**Instructions to follow:**
Go through the following data and transcribe exactly the stretch of lines from the one holding "-- Once a job" to the one holding "(spec spec' name", both included.

Source data
=-=-=

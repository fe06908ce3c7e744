-- ===== src/Scheduler/Component.antt =====
-- `Component` of scheduler/component.go, over the engine.
use go_infra.Prelude.{ℕ, Bool, Option, none, some, List}
use go_infra.Prelude.Text.{Text}
use go_infra.Scheduler
use go_infra.Scheduler.{
  Cron, Job, JobInfo, Engine, Added, panicked, failed, added, new_engine, add_func_with_name,
  jobs_info,
}

pub record SchedulerComponent : Type 0 where
  pub engine : Option Engine
  pub location : Option Text
  pub panic_on_any_add_error : Bool

abbrev pub set_panic_on_any_add_error : Bool → SchedulerComponent → SchedulerComponent
set_panic_on_any_add_error val c = elim c.engine [
  | none ↦ record c { panic_on_any_add_error = val }
  | some e ↦ record c {
    panic_on_any_add_error = val;
    engine = some (record e { panic_on_any_add_error = val });
  }
]

abbrev pub set_location : Text → SchedulerComponent → SchedulerComponent
set_location location c = record c { location = some location }

-- What `AddFuncJobWithName` ends with.
pub data JobAdded (W : Type 0) : Type 0 where
  job_panicked : JobAdded W
  job_failed : Text → SchedulerComponent → W → JobAdded W
  job_added : ℕ → SchedulerComponent → W → JobAdded W

module _ {W : Type 0} (lib : Cron W) where
  -- `ensureEngine`, with the engine that the component then has.
  unfoldable pub ensure_engine : SchedulerComponent → W → SchedulerComponent × Engine × W
  ensure_engine c w = elim c.engine [
    | some e ↦ (c, e, w)
    | none ↦
        let (made, w') = new_engine lib c.location w in
        let e = record made { panic_on_any_add_error = c.panic_on_any_add_error } in
        (record c { engine = some e }, e, w')
  ]

  job_end : SchedulerComponent → Added W → JobAdded W
  job_end c panicked = job_panicked
  job_end c (failed why w) = job_failed why c w
  job_end c (added id e w) = job_added id (record c { engine = some e }) w

  unfoldable pub add_func_job_with_name : Text → Text → Job W → SchedulerComponent → W → JobAdded W
  unfolding job_end
  add_func_job_with_name spec name fn c w =
      let (c', e, w') = ensure_engine c w in job_end c' (add_func_with_name lib spec name fn e w')

  unfoldable pub remove_job : ℕ → SchedulerComponent → W → SchedulerComponent × W
  remove_job id c w = let (c', e, w') = ensure_engine c w in (c', Scheduler.remove lib id e w')

  unfoldable pub component_start : SchedulerComponent → W → SchedulerComponent × W
  component_start c w = let (c', e, w') = ensure_engine c w in (c', Scheduler.start lib e w')

  unfoldable pub component_stop : SchedulerComponent → W → SchedulerComponent × W
  component_stop c w = elim c.engine [
    | none ↦ (c, w)
    | some e ↦ let (e', w') = Scheduler.stop lib e w in (record c { engine = some e' }, w')
  ]

  unfoldable pub component_jobs_info :
      (Engine → List JobInfo) → SchedulerComponent → W → SchedulerComponent × List JobInfo × W
  component_jobs_info ranged c w =
      let (c', e, w') = ensure_engine c w in (c', jobs_info lib (ranged e) e w', w')
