-- ===== src/Scheduler/Jobs.antt =====
-- The table of jobs of internal/scheduler/scheduler.go over any calls of its engine.
use mathlib.Core.List.{Perm}
use mathlib.Core.Option.{some_inj}
use go_infra.Prelude.{
  ℕ, Option, none, some, List, [], ◌∷◌, ◌≡◌, refl, sym, ap, ◌∙◌, arith, map, All, Option-cases,
  Bool-cases, inl, inr, subst,
}
use go_infra.Prelude.Text.{Text, text_eq, text_eq_iff}
use go_infra.Prelude.Sort.{text_leb, insert_sorted, sort_strings, sort_strings-perm}
use go_infra.Prelude.Dict.{Dict, lookup, insert, keys, lookup-insert, lookup-insert_self}
use go_infra.Scheduler.{
  Cron, Job, Scheduled, entered, refused, JobInfo, Engine, Added, panicked, failed, added,
  new_engine, add_entered, add_func_with_name, remove, start, stop, timed, jobs_info,
  insert_by_name, sort_by_name,
}

-- Every job stands under its name.
abbrev pub IsNamed : Dict JobInfo → Type 0
IsNamed = All (λ (p : Text × JobInfo). p.1.name ≡ p.0)

insert-IsNamed :
    (k : Text) (info : JobInfo) (m : Dict JobInfo)
    → info.name ≡ k
    → IsNamed m
    → IsNamed (insert k info m)
unfolding insert
insert-IsNamed k info [] e h = (e, tt)
insert-IsNamed k info ((j, x) ∷ m) e (h, hs) = elim (Bool-cases (text_eq j k)) [
  | inl same ↦ rw (same, insert) (e, hs)
  | inr other ↦ rw (other, insert) (h, insert-IsNamed k info m e hs)
]

-- The calls of an engine.
pub data Call (W : Type 0) : Type 0 where
  adds : Text → Text → Job W → Call W
  removes : ℕ → Call W
  starts stops : Call W

abbrev after_add : {W : Type 0} → Added W → Engine → Option (Engine × W)
after_add panicked e = none
after_add (failed why w) e = some (e, w)
after_add (added id e' w) e = some (e', w)

abbrev id_of : {W : Type 0} → ℕ → Added W → ℕ
id_of n panicked = n
id_of n (failed why w) = n
id_of n (added id e w) = id

abbrev table_of : {W : Type 0} → Dict JobInfo → Added W → Dict JobInfo
table_of m panicked = m
table_of m (failed why w) = m
table_of m (added id e w) = e.job_info

insert-new :
    (name : Text) (info info' : JobInfo) (m : Dict JobInfo)
    → lookup info'.name m ≡ none
    → lookup name m ≡ some info
    → lookup name (insert info'.name info' m) ≡ some info
insert-new name info info' m free found = elim (Bool-cases (text_eq info'.name name)) [
  | inl e ↦ cc (free, found, (text_eq_iff info'.name name).0 e)
  | inr e ↦ lookup-insert info'.name name info' m ∙ rw e found
]

module _ {W : Type 0} (lib : Cron W) where
  call : Call W → Engine × W → Option (Engine × W)
  call (adds spec name job) (e, w) = after_add (add_func_with_name lib spec name job e w) e
  call (removes id) (e, w) = some (e, remove lib id e w)
  call starts (e, w) = some (e, start lib e w)
  call stops (e, w) = some (stop lib e w)

  -- Some calls, one after another; `none` where one of them panics.
  unfoldable pub run : List (Call W) → Engine × W → Option (Engine × W)
  unfolding call
  run [] s = some s
  run (c ∷ cs) s = elim (call c s) [ none ↦ none | some s' ↦ run cs s' ]

  -- What holds of the jobs of an engine whatever an add did: `P` holds before, and after.
  add-keeps :
      (P : Dict JobInfo → Type 0) (spec name : Text) (job : Job W) (e : Engine) (w : W)
      (s : Engine × W)
      → ((info : JobInfo)
          → info.name ≡ name
          → lookup name e.job_info ≡ none
          → P e.job_info
          → P (insert name info e.job_info))
      → P e.job_info
      → after_add (add_func_with_name lib spec name job e w) e ≡ some s
      → P s.0.job_info
  unfolding add_func_with_name add_entered
  add-keeps P spec name job e w s keeps h r = elim (Option-cases (lookup name e.job_info)) [
    | inr (info, found) ↦ cc (rw (found, add_func_with_name) at r)
    | inl free ↦ go free (lib.add_entry e.cron spec job w) (rw (free, add_func_with_name) at r)
  ]
    where
      go :
          lookup name e.job_info ≡ none
          → (x : W × Scheduled) → after_add (add_entered lib spec name e x) e ≡ some s
          → P s.0.job_info
      go free (w', entered id) q =
          subst (λ (t : Engine × W). P t.0.job_info) (some_inj.0 q) (keeps _ refl free h)
      go free (w', refused why) q = elim (Bool-cases e.panic_on_any_add_error) [
        | inl y ↦ cc (rw (y, add_entered) at q)
        | inr y ↦
            subst (λ (t : Engine × W). P t.0.job_info) (some_inj.0 (rw (y, add_entered) at q)) h
      ]

  call-keeps :
      (P : Dict JobInfo → Type 0)
      → ((m : Dict JobInfo) (info : JobInfo)
          → lookup info.name m ≡ none
          → P m
          → P (insert info.name info m))
      → (c : Call W) (s s' : Engine × W) → P s.0.job_info
      → call c s ≡ some s'
      → P s'.0.job_info
  unfolding call
  call-keeps P keeps (adds spec name job) (e, w) s' h r =
      add-keeps P spec name job e w s'
        (λ info same free k.
          subst (λ n. P (insert n info e.job_info)) same
            (keeps e.job_info info (ap (λ n. lookup n e.job_info) same ∙ free) k))
        h r
  call-keeps P keeps (removes id) (e, w) s' h r =
      subst (λ (t : Engine × W). P t.0.job_info) (some_inj.0 r) h
  call-keeps P keeps starts (e, w) s' h r =
      subst (λ (t : Engine × W). P t.0.job_info) (some_inj.0 r) h
  call-keeps P keeps stops (e, w) s' h r =
      subst (λ (t : Engine × W). P t.0.job_info) (some_inj.0 r) h

  -- What every add keeps holds after any calls.
  pub run-keeps :
      (P : Dict JobInfo → Type 0)
      → ((m : Dict JobInfo) (info : JobInfo)
          → lookup info.name m ≡ none
          → P m
          → P (insert info.name info m))
      → (cs : List (Call W)) (s s' : Engine × W) → P s.0.job_info
      → run cs s ≡ some s'
      → P s'.0.job_info
  unfolding run
  run-keeps P keeps [] s s' h r = subst (λ (t : Engine × W). P t.0.job_info) (some_inj.0 r) h
  run-keeps P keeps (c ∷ cs) s s' h r = elim (Option-cases (call c s)) [
    | inl e ↦ cc (rw (e, run) at r)
    | inr (s1, e) ↦ run-keeps P keeps cs s1 s' (call-keeps P keeps c s s1 h e) (rw (e, run) at r)
  ]

  add-stored :
      (spec name : Text) (job : Job W) (e e' : Engine) (w w' : W) (id : ℕ)
      → add_func_with_name lib spec name job e w ≡ added id e' w'
      → (info : JobInfo) × (info.id ≡ id) × (lookup name e'.job_info ≡ some info)
  unfolding add_func_with_name add_entered
  add-stored spec name job e e' w w' id r = elim (Option-cases (lookup name e.job_info)) [
    | inr (info, found) ↦ cc (rw (found, add_func_with_name) at r)
    | inl free ↦ go (lib.add_entry e.cron spec job w) (rw (free, add_func_with_name) at r)
  ]
    where
      go :
          (x : W × Scheduled)
          → add_entered lib spec name e x ≡ added id e' w'
          → (info : JobInfo) × (info.id ≡ id) × (lookup name e'.job_info ≡ some info)
      go (w1, entered id1) q =
          let info : JobInfo = record { id = id1; name = name; spec = spec; next = 0; prev = 0 } in
          (
            info,
            ap (id_of id1) q,
            ap (λ x. lookup name (table_of e.job_info x)) (sym q)
                ∙ lookup-insert_self name info e.job_info,
          )
      go (w1, refused why) q = elim (Bool-cases e.panic_on_any_add_error) [
        | inl y ↦ cc (rw (y, add_entered) at q)
        | inr y ↦ cc (rw (y, add_entered) at q)
      ]

  -- Once a job was added, no call gives its name back: whatever calls follow without a panic, the
  -- removal of the job included, the table holds the job, and a second add under its name panics.
  pub name_taken :
      (spec spec' name : Text) (job job' : Job W) (cs : List (Call W)) (e e' e2 : Engine)
      (w w' w2 : W) (id : ℕ)
      → add_func_with_name lib spec name job e w ≡ added id e' w'
      → run cs (e', w') ≡ some (e2, w2)
      → ((info : JobInfo) × (info.id ≡ id) × (lookup name e2.job_info ≡ some info))
        × (add_func_with_name lib spec' name job' e2 w2 ≡ panicked)
  unfolding add_func_with_name
  name_taken spec spec' name job job' cs e e' e2 w w' w2 id r ran =
      let (info, same, found) = add-stored spec name job e e' w w' id r in
      let still : lookup name e2.job_info ≡ some info =
        run-keeps (λ m. lookup name m ≡ some info)
          (λ m info' free h. insert-new name info info' m free h) cs (e', w') (e2, w2) found ran in
      ((info, same, still), rw (still, add_func_with_name) refl)

names-insert :
    (x : JobInfo) (l : List JobInfo)
    → map (λ (i : JobInfo). i.name) (insert_by_name x l)
      ≡ insert_sorted x.name (map (λ (i : JobInfo). i.name) l)
unfolding insert_by_name insert_sorted
names-insert x [] = refl
names-insert x (y ∷ ys) = ground (arith, names-insert x ys)

names-sort :
    (l : List JobInfo)
    → map (λ (i : JobInfo). i.name) (sort_by_name l)
      ≡ sort_strings (map (λ (i : JobInfo). i.name) l)
unfolding sort_by_name sort_strings
names-sort [] = refl
names-sort (x ∷ xs) = names-insert x (sort_by_name xs) ∙ ap (insert_sorted x.name) (names-sort xs)

All-insert :
    (P : JobInfo → Type 0) (x : JobInfo) (l : List JobInfo)
    → P x
    → All P l
    → All P (insert_by_name x l)
unfolding insert_by_name
All-insert P x [] h hs = (h, tt)
All-insert P x (y ∷ ys) h (k, ks) = elim (Bool-cases (text_leb x.name y.name)) [
  | inl e ↦ rw (e, insert_by_name) (h, (k, ks))
  | inr e ↦ rw (e, insert_by_name) (k, All-insert P x ys h ks)
]

All-sort : (P : JobInfo → Type 0) (l : List JobInfo) → All P l → All P (sort_by_name l)
unfolding sort_by_name
All-sort P [] h = tt
All-sort P (x ∷ xs) (h, hs) = All-insert P x (sort_by_name xs) h (All-sort P xs hs)

-- The jobs of a table.
abbrev pub infos : Dict JobInfo → List JobInfo
infos = map (λ (p : Text × JobInfo). p.1)

names-infos : (m : Dict JobInfo) → IsNamed m → map (λ (i : JobInfo). i.name) (infos m) ≡ keys m
names-infos [] h = refl
names-infos ((k, x) ∷ m) (e, h) = cc (e, names-infos m h)

module _ {W : Type 0} (lib : Cron W) where
  -- A job is listed with the times of its entry.
  abbrev pub IsTimed : Engine → W → JobInfo → Type 0
  IsTimed e w info =
      (info.next ≡ (lib.entry e.cron info.id w).next)
      × (info.prev ≡ (lib.entry e.cron info.id w).prev)

  timed-IsTimed :
      (e : Engine) (w : W) (l : List JobInfo) → All (IsTimed e w) (map (timed lib e w) l)
  timed-IsTimed e w [] = tt
  timed-IsTimed e w (x ∷ xs) = ((refl, refl), timed-IsTimed e w xs)

  timed-names :
      (e : Engine) (w : W) (l : List JobInfo)
      → map (λ (i : JobInfo). i.name) (map (timed lib e w) l) ≡ map (λ (i : JobInfo). i.name) l
  timed-names e w [] = refl
  timed-names e w (x ∷ xs) = ap (λ l. x.name ∷ l) (timed-names e w xs)

  -- After any calls of a new engine that do not panic, in whatever order the map is ranged over,
  -- the jobs are listed by name in ascending order, one for each name of the table, with the times
  -- of their entries.
  pub jobs_info-sort_strings :
      (location : Option Text) (cs : List (Call W)) (w w' : W) (e : Engine) (ranged : List JobInfo)
      → run lib cs (new_engine lib location w) ≡ some (e, w')
      → Perm
          (map (λ (i : JobInfo). i.name) ranged)
          (map (λ (i : JobInfo). i.name) (infos e.job_info))
      → (map (λ (i : JobInfo). i.name) (jobs_info lib ranged e w') ≡ sort_strings (keys e.job_info))
        × All (IsTimed e w') (jobs_info lib ranged e w')
  unfolding jobs_info new_engine
  jobs_info-sort_strings location cs w w' e ranged ran p =
      let named : IsNamed e.job_info =
        run-keeps lib IsNamed (λ m info free h. insert-IsNamed info.name info m refl h) cs
          (new_engine lib location w) (e, w') tt ran in
      (
        names-sort (map (timed lib e w') ranged)
            ∙ ap sort_strings (timed-names e w' ranged)
            ∙ sort_strings-perm _ _ p
            ∙ ap sort_strings (names-infos e.job_info named),
        All-sort (IsTimed e w') _ (timed-IsTimed e w' ranged),
      )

=-=-=

**Result of this exercise:**
  -- Once a job was added, no call gives its name back: whatever calls follow without a panic, the
  -- removal of the job included, the table holds the job, and a second add under its name panics.
  pub name_taken :
      (spec spec' name : Text) (job job' : Job W) (cs : List (Call W)) (e e' e2 : Engine)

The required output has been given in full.